Stored data entries:
□ □ □ □ □ □ □

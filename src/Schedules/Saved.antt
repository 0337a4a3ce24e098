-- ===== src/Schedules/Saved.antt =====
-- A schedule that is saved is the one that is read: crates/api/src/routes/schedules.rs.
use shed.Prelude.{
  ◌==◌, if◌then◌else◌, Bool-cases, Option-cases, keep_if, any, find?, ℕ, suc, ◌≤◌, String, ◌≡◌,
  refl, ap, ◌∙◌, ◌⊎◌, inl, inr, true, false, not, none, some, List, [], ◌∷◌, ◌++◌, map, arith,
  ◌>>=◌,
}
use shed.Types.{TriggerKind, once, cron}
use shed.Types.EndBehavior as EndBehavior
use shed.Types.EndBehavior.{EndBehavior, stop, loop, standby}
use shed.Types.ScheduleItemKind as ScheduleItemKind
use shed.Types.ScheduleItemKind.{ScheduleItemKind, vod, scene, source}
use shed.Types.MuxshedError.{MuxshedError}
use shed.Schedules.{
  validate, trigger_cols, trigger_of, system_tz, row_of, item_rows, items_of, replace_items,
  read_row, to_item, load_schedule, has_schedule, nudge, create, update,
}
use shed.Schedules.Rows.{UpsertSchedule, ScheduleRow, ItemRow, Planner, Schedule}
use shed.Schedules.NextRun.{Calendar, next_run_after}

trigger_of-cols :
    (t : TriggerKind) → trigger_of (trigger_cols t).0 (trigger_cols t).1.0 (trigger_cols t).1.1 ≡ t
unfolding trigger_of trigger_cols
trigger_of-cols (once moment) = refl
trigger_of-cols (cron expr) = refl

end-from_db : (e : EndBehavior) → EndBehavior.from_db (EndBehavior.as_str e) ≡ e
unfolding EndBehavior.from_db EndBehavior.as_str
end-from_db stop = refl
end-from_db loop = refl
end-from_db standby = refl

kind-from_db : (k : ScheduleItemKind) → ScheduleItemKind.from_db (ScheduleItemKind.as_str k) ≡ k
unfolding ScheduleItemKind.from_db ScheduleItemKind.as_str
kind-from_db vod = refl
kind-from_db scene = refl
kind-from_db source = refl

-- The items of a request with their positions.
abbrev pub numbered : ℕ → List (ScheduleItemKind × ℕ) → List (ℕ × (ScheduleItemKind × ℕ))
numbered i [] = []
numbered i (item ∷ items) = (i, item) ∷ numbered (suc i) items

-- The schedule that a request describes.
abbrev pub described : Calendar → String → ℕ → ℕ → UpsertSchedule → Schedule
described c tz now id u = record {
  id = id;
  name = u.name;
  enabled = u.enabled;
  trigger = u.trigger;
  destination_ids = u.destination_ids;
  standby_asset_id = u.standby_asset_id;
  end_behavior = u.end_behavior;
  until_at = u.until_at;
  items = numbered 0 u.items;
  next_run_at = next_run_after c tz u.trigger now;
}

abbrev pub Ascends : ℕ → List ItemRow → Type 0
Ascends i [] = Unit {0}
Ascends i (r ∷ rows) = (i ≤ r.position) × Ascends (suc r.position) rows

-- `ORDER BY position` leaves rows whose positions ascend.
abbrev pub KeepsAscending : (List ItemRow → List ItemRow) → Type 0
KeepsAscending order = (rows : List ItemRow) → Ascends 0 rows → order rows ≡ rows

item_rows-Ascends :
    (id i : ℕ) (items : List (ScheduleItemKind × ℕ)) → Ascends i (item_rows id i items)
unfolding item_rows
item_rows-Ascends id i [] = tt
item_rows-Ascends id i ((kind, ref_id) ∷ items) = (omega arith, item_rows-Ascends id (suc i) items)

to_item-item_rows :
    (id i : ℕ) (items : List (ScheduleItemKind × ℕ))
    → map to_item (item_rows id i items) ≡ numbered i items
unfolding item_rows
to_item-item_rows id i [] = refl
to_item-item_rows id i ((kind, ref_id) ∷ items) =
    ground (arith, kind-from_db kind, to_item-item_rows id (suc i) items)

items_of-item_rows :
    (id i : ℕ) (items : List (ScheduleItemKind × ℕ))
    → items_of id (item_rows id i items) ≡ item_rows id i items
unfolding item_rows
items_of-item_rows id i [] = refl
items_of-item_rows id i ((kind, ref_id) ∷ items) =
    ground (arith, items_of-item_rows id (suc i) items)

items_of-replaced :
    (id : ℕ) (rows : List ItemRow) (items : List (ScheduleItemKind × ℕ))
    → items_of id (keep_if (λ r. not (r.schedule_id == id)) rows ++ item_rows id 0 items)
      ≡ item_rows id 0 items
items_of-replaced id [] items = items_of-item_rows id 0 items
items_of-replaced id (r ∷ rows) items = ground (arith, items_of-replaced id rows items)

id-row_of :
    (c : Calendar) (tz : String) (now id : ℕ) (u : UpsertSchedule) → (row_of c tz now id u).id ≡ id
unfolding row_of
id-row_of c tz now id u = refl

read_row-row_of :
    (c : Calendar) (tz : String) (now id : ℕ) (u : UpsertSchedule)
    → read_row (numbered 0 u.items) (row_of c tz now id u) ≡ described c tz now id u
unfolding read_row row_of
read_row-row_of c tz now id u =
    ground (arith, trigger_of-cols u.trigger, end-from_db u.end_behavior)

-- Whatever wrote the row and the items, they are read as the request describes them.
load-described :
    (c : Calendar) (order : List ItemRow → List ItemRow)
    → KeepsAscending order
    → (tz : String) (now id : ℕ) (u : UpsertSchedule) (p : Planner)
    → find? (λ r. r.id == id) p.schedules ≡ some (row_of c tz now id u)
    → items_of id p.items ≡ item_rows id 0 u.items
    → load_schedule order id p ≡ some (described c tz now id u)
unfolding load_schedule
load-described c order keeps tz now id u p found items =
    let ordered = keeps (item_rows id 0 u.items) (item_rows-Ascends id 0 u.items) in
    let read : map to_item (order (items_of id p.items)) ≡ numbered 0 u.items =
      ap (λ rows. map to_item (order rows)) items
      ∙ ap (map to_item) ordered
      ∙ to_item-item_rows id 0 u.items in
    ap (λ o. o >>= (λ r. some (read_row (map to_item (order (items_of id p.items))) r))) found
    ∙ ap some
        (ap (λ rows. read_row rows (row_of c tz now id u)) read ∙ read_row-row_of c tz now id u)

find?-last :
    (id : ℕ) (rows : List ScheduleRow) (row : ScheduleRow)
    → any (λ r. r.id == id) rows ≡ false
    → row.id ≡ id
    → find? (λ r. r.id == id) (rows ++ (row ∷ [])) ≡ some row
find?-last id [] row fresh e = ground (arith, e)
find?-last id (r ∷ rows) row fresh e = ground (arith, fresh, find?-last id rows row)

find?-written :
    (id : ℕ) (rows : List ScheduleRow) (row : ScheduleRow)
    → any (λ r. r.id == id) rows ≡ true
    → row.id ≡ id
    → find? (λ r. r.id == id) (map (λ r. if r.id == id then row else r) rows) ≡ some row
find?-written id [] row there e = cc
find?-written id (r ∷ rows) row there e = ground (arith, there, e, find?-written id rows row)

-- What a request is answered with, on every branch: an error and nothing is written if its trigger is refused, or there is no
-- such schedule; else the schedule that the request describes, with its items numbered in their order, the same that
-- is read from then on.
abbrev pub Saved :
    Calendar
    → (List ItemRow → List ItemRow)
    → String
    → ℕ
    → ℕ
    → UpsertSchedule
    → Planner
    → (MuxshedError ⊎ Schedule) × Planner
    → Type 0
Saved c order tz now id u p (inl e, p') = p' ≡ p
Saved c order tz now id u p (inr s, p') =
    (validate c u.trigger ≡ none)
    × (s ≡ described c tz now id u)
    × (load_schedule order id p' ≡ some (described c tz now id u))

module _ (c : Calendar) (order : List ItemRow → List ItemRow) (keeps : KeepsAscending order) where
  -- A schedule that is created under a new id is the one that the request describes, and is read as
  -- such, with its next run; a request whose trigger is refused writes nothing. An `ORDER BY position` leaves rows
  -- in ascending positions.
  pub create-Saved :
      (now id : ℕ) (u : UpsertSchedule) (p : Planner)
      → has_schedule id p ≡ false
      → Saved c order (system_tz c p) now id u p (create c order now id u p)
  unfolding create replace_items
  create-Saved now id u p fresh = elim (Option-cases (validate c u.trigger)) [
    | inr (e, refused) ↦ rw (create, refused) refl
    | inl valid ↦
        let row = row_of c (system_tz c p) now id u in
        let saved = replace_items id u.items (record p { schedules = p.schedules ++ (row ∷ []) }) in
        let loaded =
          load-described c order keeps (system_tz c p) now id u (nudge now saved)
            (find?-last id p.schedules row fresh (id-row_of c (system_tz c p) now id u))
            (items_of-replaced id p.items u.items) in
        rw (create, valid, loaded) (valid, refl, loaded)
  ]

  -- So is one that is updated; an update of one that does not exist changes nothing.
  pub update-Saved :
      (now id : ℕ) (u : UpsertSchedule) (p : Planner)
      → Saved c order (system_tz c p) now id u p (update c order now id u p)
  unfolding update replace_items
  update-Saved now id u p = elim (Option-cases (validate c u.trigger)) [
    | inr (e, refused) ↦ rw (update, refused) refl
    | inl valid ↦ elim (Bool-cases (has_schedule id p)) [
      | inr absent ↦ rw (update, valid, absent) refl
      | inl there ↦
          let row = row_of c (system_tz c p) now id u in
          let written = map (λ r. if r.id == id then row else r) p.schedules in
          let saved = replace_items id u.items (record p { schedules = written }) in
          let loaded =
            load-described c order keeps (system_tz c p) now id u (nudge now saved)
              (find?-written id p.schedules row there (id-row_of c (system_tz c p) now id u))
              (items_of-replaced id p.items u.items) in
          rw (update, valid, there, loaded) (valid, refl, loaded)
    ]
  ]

□ □ □ □ □ □ □

Set down, exactly as they appear above, all lines from the one that has "unfolding row_of" down to the one that has "let read : map", including those two and no others.

unfolding row_of
id-row_of c tz now id u = refl

read_row-row_of :
    (c : Calendar) (tz : String) (now id : ℕ) (u : UpsertSchedule)
    → read_row (numbered 0 u.items) (row_of c tz now id u) ≡ described c tz now id u
unfolding read_row row_of
read_row-row_of c tz now id u =
    ground (arith, trigger_of-cols u.trigger, end-from_db u.end_behavior)

-- Whatever wrote the row and the items, they are read as the request describes them.
load-described :
    (c : Calendar) (order : List ItemRow → List ItemRow)
    → KeepsAscending order
    → (tz : String) (now id : ℕ) (u : UpsertSchedule) (p : Planner)
    → find? (λ r. r.id == id) p.schedules ≡ some (row_of c tz now id u)
    → items_of id p.items ≡ item_rows id 0 u.items
    → load_schedule order id p ≡ some (described c tz now id u)
unfolding load_schedule
load-described c order keeps tz now id u p found items =
    let ordered = keeps (item_rows id 0 u.items) (item_rows-Ascends id 0 u.items) in
    let read : map to_item (order (items_of id p.items)) ≡ numbered 0 u.items =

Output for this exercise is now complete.